1* x Forge World Promethius Land Raider (All pieces, needs some TLC)*
1 x Armorcast Shadow Sword
1 x Armorcast Bane Blade
_*1 x Forge World Baneblade (missing the top hull piece)*_

Grey Knights
2 x Deathcult Assassins (stripped)
2 x Servator Skulls
1 x Chereb
1 x Sage with Plasma Pistol
1 x Scribe
2 x Closecombat Servator
1 x Ranged Servator with Melta
1 x Ranged Servator with H. Bolter
2 x Vinicare Assassin (one stripped, one painted minus gun)
5 x Grey Knights PA with Incinerator (pewter)
17 x Grey Knights PA with Glaive (pewter)
4 x Grey Knights PA with Sword (pewter)
1 x Grey Knight PA missing Arm (Glaive body)
*1 x Forge World Land Raider Redeemer (Full Kit)* I started putting the kit together and it was going to be a Gold Demon entry so a lot of details have 
been done on it, No paint on it yet.
_*1 x Hector Rex with full Retinue. *_ Minor damage to one of the Ret, easily repaired and will be done prior to shipping.

10 x Deathwatch Team (minus 1 shoulder pad, still looking for it, I know I have it)

15 x Stormtrooper with Carbines
1 x Stormtrooper SGT with Las Pistol and Sword
1 x Stormtrooper with Plasma Rifle
1 x Karskin with Plasma Pistol and Bolter

If interested please post here, I am subscribed and will get an email. I will be added more as I find it. My sons got into my models and I have A LOT of stuff missing (50+ pewter Scouts 50+ Pewter Termies, 100+ mixed Space Marines). Will be posting Pictures as well soon.

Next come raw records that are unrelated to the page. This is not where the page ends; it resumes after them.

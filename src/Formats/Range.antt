-- ===== src/Formats/Range.antt =====
-- The conversions to Vulkan's numbers: their range for each number from the wire, and the blend factors
-- against the numbers of the Vulkan specification.
use gravity_gpu_project.Prelude.{ltb, Bool, false, ◌↔◌, ℕ, ◌<◌, ◌≡◌, arith}
use gravity_gpu_project.Formats.State.{
  BlendFactor, blend_factor, blend_zero, blend_one, blend_src_color, blend_one_minus_src_color,
  blend_src_alpha, blend_one_minus_src_alpha, blend_dst_color, blend_one_minus_dst_color,
  blend_dst_alpha, blend_one_minus_dst_alpha, blend_src_alpha_saturated, blend_blend_color,
  blend_one_minus_blend_color, blend_blend_alpha, blend_one_minus_blend_alpha,
}
use gravity_gpu_project.Formats.Convert.{
  to_vk_primitive_topology, to_vk_index_type, to_vk_cull_mode, to_vk_front_face, to_vk_blend_factor,
  to_vk_load_op, to_vk_store_op, to_vk_address_mode, to_vk_filter, to_vk_mipmap_mode,
  to_vk_polygon_mode,
}

-- For every number, each of the eleven conversions that look at their argument gives a value of
-- the Vulkan enumeration that it converts to.
pub conversions_in_range :
    (n : ℕ)
    → (to_vk_primitive_topology n < 5)
      × (to_vk_index_type n < 2)
      × (to_vk_cull_mode n < 3)
      × (to_vk_front_face n < 2)
      × (to_vk_blend_factor n < 16)
      × (to_vk_load_op n < 3)
      × (to_vk_store_op n < 2)
      × (to_vk_address_mode n < 5)
      × (to_vk_filter n < 2)
      × (to_vk_mipmap_mode n < 2)
      × (to_vk_polygon_mode n < 2)
unfolding to_vk_primitive_topology to_vk_index_type to_vk_cull_mode to_vk_front_face
    to_vk_blend_factor to_vk_load_op to_vk_store_op to_vk_address_mode to_vk_filter
    to_vk_mipmap_mode to_vk_polygon_mode
conversions_in_range n = (
  ground arith,
  ground arith,
  ground arith,
  ground arith,
  ground arith,
  ground arith,
  ground arith,
  ground arith,
  ground arith,
  ground arith,
  ground arith,
)

-- The number of the factor in `VkBlendFactor` of the Vulkan specification, where the constant factors
-- are 10 to 13 and SRC_ALPHA_SATURATE is 14.
abbrev pub vulkan_blend_factor : BlendFactor → ℕ
vulkan_blend_factor blend_zero = 0
vulkan_blend_factor blend_one = 1
vulkan_blend_factor blend_src_color = 2
vulkan_blend_factor blend_one_minus_src_color = 3
vulkan_blend_factor blend_src_alpha = 6
vulkan_blend_factor blend_one_minus_src_alpha = 7
vulkan_blend_factor blend_dst_color = 4
vulkan_blend_factor blend_one_minus_dst_color = 5
vulkan_blend_factor blend_dst_alpha = 8
vulkan_blend_factor blend_one_minus_dst_alpha = 9
vulkan_blend_factor blend_src_alpha_saturated = 14
vulkan_blend_factor blend_blend_color = 10
vulkan_blend_factor blend_one_minus_blend_color = 11
vulkan_blend_factor blend_blend_alpha = 12
vulkan_blend_factor blend_one_minus_blend_alpha = 13

-- the factors that stand behind ONE_MINUS_DST_ALPHA there
abbrev pub is_late_factor : BlendFactor → Bool
is_late_factor f = ltb 9 (vulkan_blend_factor f)

-- `gravity_to_vk_blend_factor` gives a blend factor of the enumeration the number of that factor
-- in the Vulkan specification exactly when it is none of the constant factors and not the
-- saturated source alpha.
pub blend_factor_iff :
    (f : BlendFactor)
    → (to_vk_blend_factor (blend_factor f) ≡ vulkan_blend_factor f) ↔ (is_late_factor f ≡ false)
unfolding to_vk_blend_factor
blend_factor_iff blend_zero = ground arith
blend_factor_iff blend_one = ground arith
blend_factor_iff blend_src_color = ground arith
blend_factor_iff blend_one_minus_src_color = ground arith
blend_factor_iff blend_src_alpha = ground arith
blend_factor_iff blend_one_minus_src_alpha = ground arith
blend_factor_iff blend_dst_color = ground arith
blend_factor_iff blend_one_minus_dst_color = ground arith
blend_factor_iff blend_dst_alpha = ground arith
blend_factor_iff blend_one_minus_dst_alpha = ground arith
blend_factor_iff blend_src_alpha_saturated = ground arith
blend_factor_iff blend_blend_color = ground arith
blend_factor_iff blend_one_minus_blend_color = ground arith
blend_factor_iff blend_blend_alpha = ground arith
blend_factor_iff blend_one_minus_blend_alpha = ground arith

Would like to sell the Grey Knights as one bunch but will split.


----------



## ashmo (Mar 20, 2011)

What country are you from? Im keen on a few models just depends how far away you are


----------



## Djinn24 (Jan 12, 2008)

United States.


----------



## ashmo (Mar 20, 2011)

no worries alittle to far sorry


----------



## Djinn24 (Jan 12, 2008)

No Problems


----------



## Marshal Ragnar (Sep 5, 2010)

Any Vindis? And what you you want for the Auto-cannon Arms?


----------



## Azkaellon (Jun 23, 2009)

Hey man can you get me pictures of

Forge World Chaplain Dread No Arms, partly cleaned
1 x Armorcast Shadow Sword
1 x Armorcast Bane Blade


----------



## Djinn24 (Jan 12, 2008)

I will snap some pics ina bit, just a heads up Azk, someone already inquired about the chaplain dread via PM.


----------



## Entai (Mar 21, 2011)

Hey cuz, I may be interested in the Deathwatch team if I may be able to see some pictures.


----------



## Djinn24 (Jan 12, 2008)

Chaplin Dread $42.00 + shipping
Auto Cannon Arms $13.00 + shipping (each)
Armor Cast Baneblade/Shadow Sword $65.00
INQUISITOR LORD HECTOR REX AND RETINUE $47.00
GREY KNIGHTS LAND RAIDER REDEEMER COMPLETE KIT $85.00
Deathwatch Team $55.00
Landraider Terminus $60.00

All of the Greyknight stuff $300.00

Open to negotiations and looking for Eldar stuff, mainly Forge World, but will entertain any offer.


----------



## Djinn24 (Jan 12, 2008)

Like I said open to negations, if not these are hitting ebay in hopes of a new scoprion and other stuff in my future.


----------



## Te11ah (Oct 10, 2010)

How much for the Kasrkins?


----------



## Djinn24 (Jan 12, 2008)

Let me get back to you on that, I just realized that maybe stormtrooper models and I do not have the time to double check right now.


----------



## Djinn24 (Jan 12, 2008)

They are in fact Stromtroopers except the guy with a plasma pistol/bolter, he is a Karskin Sgt. I apologize.


----------



## gally912 (Jan 31, 2009)

Hey Djinn, looking at your Dark Angels models. Got a price point for the standard barer and or tacticals?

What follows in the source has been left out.